In the end, it may be worthwhile to draw the rectangles encircling the contours, and then it will become clear what it would be possible to hook onto in order to unite the disparate parts of each car into a single whole:

But the angle of the survey does not allow to doubt: parts of different objects are located at relatively the same distances as parts of the same object, leading to the impossibility of correct clustering. And since in binarization we have other factors for which it would be possible to catch on, there simply isn’t, the task of automatically determining the boundaries of cars under existing conditions becomes unsolvable. Well, maybe it will be one or two cars that are closest to the camera, but no more.
In this case, there is nothing more than to manually determine the boundaries of parking spaces.

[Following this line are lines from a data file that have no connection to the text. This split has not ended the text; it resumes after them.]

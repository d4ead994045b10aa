-- ===== src/Queue/Tests.antt =====
-- Concrete tables of the queue: an import that is queued, leased out and taken over, and the
-- theorems of the queue at these tables.
use pharma_intel.Base.{
  ℕ, ◌≡◌, ◌≢◌, ◌≤◌, ◌<◌, ◌↔◌, ◌⊎◌, refl, Bool, true, false, Option, none, some, [], ◌∷◌, arith,
  Result, ok, err, All,
}
use pharma_intel.Base.Int.{pos}
use pharma_intel.Base.Text.{Text, codes, strip}
use pharma_intel.Base.Table.{get}
use pharma_intel.Intake.Row.{SalesImport, csv, IntakeStatus, FailureCode}
use pharma_intel.Queue.Counts.{Status, no_counts, validate_for, counts_checked}
use pharma_intel.Queue.Counts.Laws.{validate_for_iff}
use pharma_intel.Queue.Delay.{retry_delay}
use pharma_intel.Queue.Delay.Laws.{retry_delay-eq}
use pharma_intel.Queue.Rows.{Job, Attempt, Phase, Outcome, Db, QueueError, claim_lost, job_key}
use pharma_intel.Queue.Claim.{
  SalesImportClaim, is_claimable, comes_before, next_job, ordered, positive_duration, new_attempt,
  normalized_worker_id, lease_out, is_eligible,
}
use pharma_intel.Queue.Claim.Selection.{next_job_first}
use pharma_intel.Queue.Claiming.{claim_transaction, claim_next_job, claim_of}
use pharma_intel.Queue.Lease.{live_job, heartbeat_job, advance_attempt_phase, locked_live_claim}
use pharma_intel.Queue.Audit.{renewed, worker_calls_pass}
use pharma_intel.Queue.Checks.{attempt_guard}
use pharma_intel.Queue.Finish.{schedule_retry, complete_job, retried_job}
use pharma_intel.Queue.Enqueue.{enqueue_import, new_job}
use pharma_intel.Queue.Invariant.{IsConsistent}
use pharma_intel.Queue.Steps.{
  enqueued, claimed, Reach, here, next, Reach-IsConsistent, claim_next_job-total,
}
use pharma_intel.Queue.Fence.{takeover_refuses, takeover_revokes, live_lease_kept}
use pharma_intel.Queue.Outcomes.{retried_job_lem, enqueue_import_again}

abbrev csv_import : SalesImport
csv_import = record {
  id = 1;
  data_contract = codes "sales_v1";
  row_contract = codes "sales_rows_v1";
  source_system = codes "DEMO-ERP";
  original_filename = codes "a.csv";
  content_type = codes "";
  file_format = csv;
  size_bytes = 10;
  sha256 = codes "00";
  storage_bucket = codes "b";
  storage_kms_key_arn = some (codes "k");
  storage_key = codes "o";
  storage_version_id = codes "v1";
  uploaded_by = 1;
  status = IntakeStatus.received;
  failure_code = FailureCode.no_failure;
  received_at = some 50;
  failed_at = none;
  created_at = 40;
}

abbrev empty_db : Db
empty_db = record { imports = csv_import ∷ []; jobs = []; attempts = []; issues = [] }

abbrev worker : Text
worker = codes "w1"

abbrev nobody : ℕ → Bool
nobody k = false

-- The job as `enqueue_import` creates it.
queued_job : Job
unfolding new_job
queued_job = new_job 1 5 Status.queued 100 100

queued_db : Db
unfolding queued_job
queued_db = record empty_db { jobs = queued_job ∷ [] }

enqueue_first : enqueue_import 1 (pos 5) 100 100 empty_db ≡ ok (queued_db, queued_job)
unfolding enqueue_import queued_db
enqueue_first = refl

empty-IsConsistent : IsConsistent empty_db
empty-IsConsistent = record { job_keys = tt; attempt_ids = tt; checked = tt; linked = λ k. refl }

to_queued : Reach empty_db queued_db
to_queued = next here (enqueued 1 (pos 5) 100 100 enqueue_first)

queued-IsConsistent : IsConsistent queued_db
queued-IsConsistent = Reach-IsConsistent to_queued empty-IsConsistent

-- The claim of that job by the first worker, until 500.
first_claim : SalesImportClaim
unfolding queued_job
first_claim = claim_of 500 worker 7 10 queued_job

leased_db : Db
unfolding queued_db claim_transaction ordered
leased_db = get_db (claim_transaction 200 500 worker 7 10 nobody queued_db)
  where
    get_db : Result QueueError (Db × Option SalesImportClaim) → Db
    get_db (ok (db, c)) = db
    get_db (err e) = empty_db

claim_first :
    claim_transaction 200 500 worker 7 10 nobody queued_db ≡ ok (leased_db, some first_claim)
unfolding leased_db first_claim is_eligible
claim_first = refl

Reach-IsConsistent_example : IsConsistent leased_db
unfolding queued_db normalized_worker_id strip
Reach-IsConsistent_example =
    Reach-IsConsistent
      (next to_queued (claimed 200 500 worker worker 7 10 nobody refl refl claim_first))
      empty-IsConsistent

claim_next_job-total_example :
    (c : Option SalesImportClaim) × (db' : Db) × (claim_next_job worker
        (pos 300)
        200
        7
        10
        nobody
        nobody
        queued_db
      ≡ (ok c, db'))
    × IsConsistent db'
unfolding queued_db normalized_worker_id strip positive_duration
claim_next_job-total_example =
    claim_next_job-total worker worker (pos 300) 300 200 7 10 nobody nobody queued_db
      queued-IsConsistent refl refl (omega arith) refl

takeover_revokes_example : live_job 1 6 250 leased_db ≡ none
unfolding queued_db first_claim
takeover_revokes_example =
    takeover_revokes 200 500 worker 7 10 nobody queued_db leased_db first_claim 6 250
      queued-IsConsistent.job_keys claim_first (ground arith)

takeover_refuses_example :
    (heartbeat_job 1 (some 6) (pos 300) 250 leased_db ≡ err claim_lost)
    × (advance_attempt_phase 1 (some 6) (some Phase.download) 250 leased_db ≡ err claim_lost)
    × (schedule_retry 1 (some 6) (codes "E") (codes "m") (pos 10) (pos 20) 250 leased_db
        ≡ err claim_lost)
    × (complete_job 1 (some 6) Status.rejected none (codes "E") (codes "m") 250 leased_db
        ≡ err claim_lost)
unfolding queued_db first_claim positive_duration
takeover_refuses_example =
    takeover_refuses 200 500 worker 7 10 nobody queued_db leased_db first_claim 6 250
      queued-IsConsistent.job_keys claim_first (ground arith) (pos 300) (pos 10) (pos 20) 300
      Phase.download Status.rejected Outcome.rejected none (codes "E") (codes "m") refl refl

-- A second import's job, which is due while the first is leased out.
second_job : Job
unfolding new_job
second_job = new_job 2 5 Status.queued 150 150

-- The row of the first job under the first worker's lease.
leased_job : Job
unfolding queued_job
leased_job = lease_out 200 500 worker 7 queued_job

busy_db : Db
unfolding leased_job second_job
busy_db = record empty_db { jobs = leased_job ∷ second_job ∷ [] }

second_claim : SalesImportClaim
unfolding second_job
second_claim = claim_of 600 worker 8 11 second_job

claimed_busy_db : Db
unfolding busy_db claim_transaction ordered
claimed_busy_db = get_db (claim_transaction 250 600 worker 8 11 nobody busy_db)
  where
    get_db : Result QueueError (Db × Option SalesImportClaim) → Db
    get_db (ok (db, c)) = db
    get_db (err e) = empty_db

claim_second :
    claim_transaction 250 600 worker 8 11 nobody busy_db ≡ ok (claimed_busy_db, some second_claim)
unfolding claimed_busy_db second_claim is_eligible lease_out
claim_second = refl

live_lease_kept_example :
    (second_claim.job_id ≢ 1) × (get job_key 1 claimed_busy_db.jobs ≡ some leased_job)
unfolding busy_db second_claim lease_out
live_lease_kept_example =
    live_lease_kept 250 600 worker 8 11 nobody busy_db claimed_busy_db second_claim 7 leased_job
      (ground arith) refl refl claim_second

validate_for_iff_example :
    (validate_for Status.queued no_counts ≡ ok tt) ↔ (counts_checked Status.queued no_counts ≡ true)
validate_for_iff_example = validate_for_iff Status.queued no_counts

retry_delay-eq_example : retry_delay (pos 6) (pos 30_000_000) (pos 900_000_000) ≡ ok 900_000_000
retry_delay-eq_example = retry_delay-eq 5 30_000_000 900_000_000 (omega arith) (omega arith)

next_job_first_example :
    ((j : Job) × (next_job 250 nobody (leased_job ∷ second_job ∷ []) ≡ some j)
      × (is_claimable 250 nobody j ≡ true)
      × All
          (λ k. is_claimable 250 nobody k ≡ true → comes_before j k ≡ true)
          (leased_job ∷ second_job ∷ []))
    ⊎ ((next_job 250 nobody (leased_job ∷ second_job ∷ []) ≡ none)
        × All (λ k. is_claimable 250 nobody k ≡ false) (leased_job ∷ second_job ∷ []))
next_job_first_example = next_job_first 250 nobody (leased_job ∷ second_job ∷ [])

retried_job_example :
    (r : Job) × (retried_job 300 (codes "E") (codes "m") (pos 10) (pos 15) leased_job ≡ ok r)
    × (r.lease_token ≡ none)
    × (((1 < 5) × (r.status ≡ Status.retry_wait) × (r.available_at ≡ 310) × (r.finished_at ≡ none))
        ⊎ ((5 ≤ 1)
            × (r.status ≡ Status.failed)
            × (r.available_at ≡ 100)
            × (r.finished_at ≡ some 300)))
unfolding leased_job lease_out
retried_job_example =
    retried_job_lem 300 0 10 15 (codes "E") (codes "m") leased_job refl (omega arith) (omega arith)

leased-IsConsistent : IsConsistent leased_db
unfolding queued_db normalized_worker_id strip
leased-IsConsistent =
    Reach-IsConsistent
      (next to_queued (claimed 200 500 worker worker 7 10 nobody refl refl claim_first))
      empty-IsConsistent

-- The first attempt, before and after a renewal of its lease.
claimed_attempt : Attempt
unfolding queued_job new_attempt
claimed_attempt = new_attempt 200 worker 7 10 queued_job

renewed_attempt : Attempt
unfolding claimed_attempt
renewed_attempt = record claimed_attempt { heartbeat_at = 250 }

renewed_db : Db
unfolding leased_db
renewed_db = get_db (heartbeat_job 1 (some 7) (pos 300) 250 leased_db)
  where
    get_db : Result QueueError (Db × ℕ) → Db
    get_db (ok (db, t)) = db
    get_db (err e) = empty_db

renew_first : heartbeat_job 1 (some 7) (pos 300) 250 leased_db ≡ ok (renewed_db, 550)
unfolding leased_db renewed_db is_eligible heartbeat_job locked_live_claim positive_duration
renew_first = refl

worker_calls_pass_example :
    (renewed_attempt ≡ claimed_attempt) ⊎ (attempt_guard claimed_attempt renewed_attempt ≡ ok tt)
unfolding leased_db renewed_db claimed_attempt renewed_attempt is_eligible heartbeat_job
    locked_live_claim positive_duration
worker_calls_pass_example =
    worker_calls_pass leased_db renewed_db 10 claimed_attempt renewed_attempt
      (renewed 1 (some 7) (pos 300) 250 renew_first) leased-IsConsistent refl refl

enqueue_import_again_example :
    enqueue_import 1 (pos 9) 300 300 queued_db ≡ ok (queued_db, queued_job)
enqueue_import_again_example =
    enqueue_import_again 1 5 9 100 100 300 300 empty_db queued_db queued_job tt (omega arith)
      (omega arith) enqueue_first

This task on OpenCV is usually not shifted, because he has the functionality of working with the mouse (so that the user indicates the coordinates of the points of the polygons of the parking spaces on the image) is generally limited and implemented with the help of general-purpose frameworks.
To obtain the image matrix of a parking space from predetermined coordinates in a frame, you can use a simple construction:
cv::Mat parking_lot_mat = src_mat(cv::Rect(0,0,100,100)).clone();
Now parking_lot_mat will contain a part of the original image at x coordinates, equal to 0, and y, equal to 0, and will be 100x100 pixels.
Next, we do all the same work on binarization, which was done on a large image. At the end, it remains to find the contours and their areas using the method: cv::contourArea() . If the sum of the areas of contours exceeds a certain threshold, calculated empirically, then the car in this parking space can be considered as detected.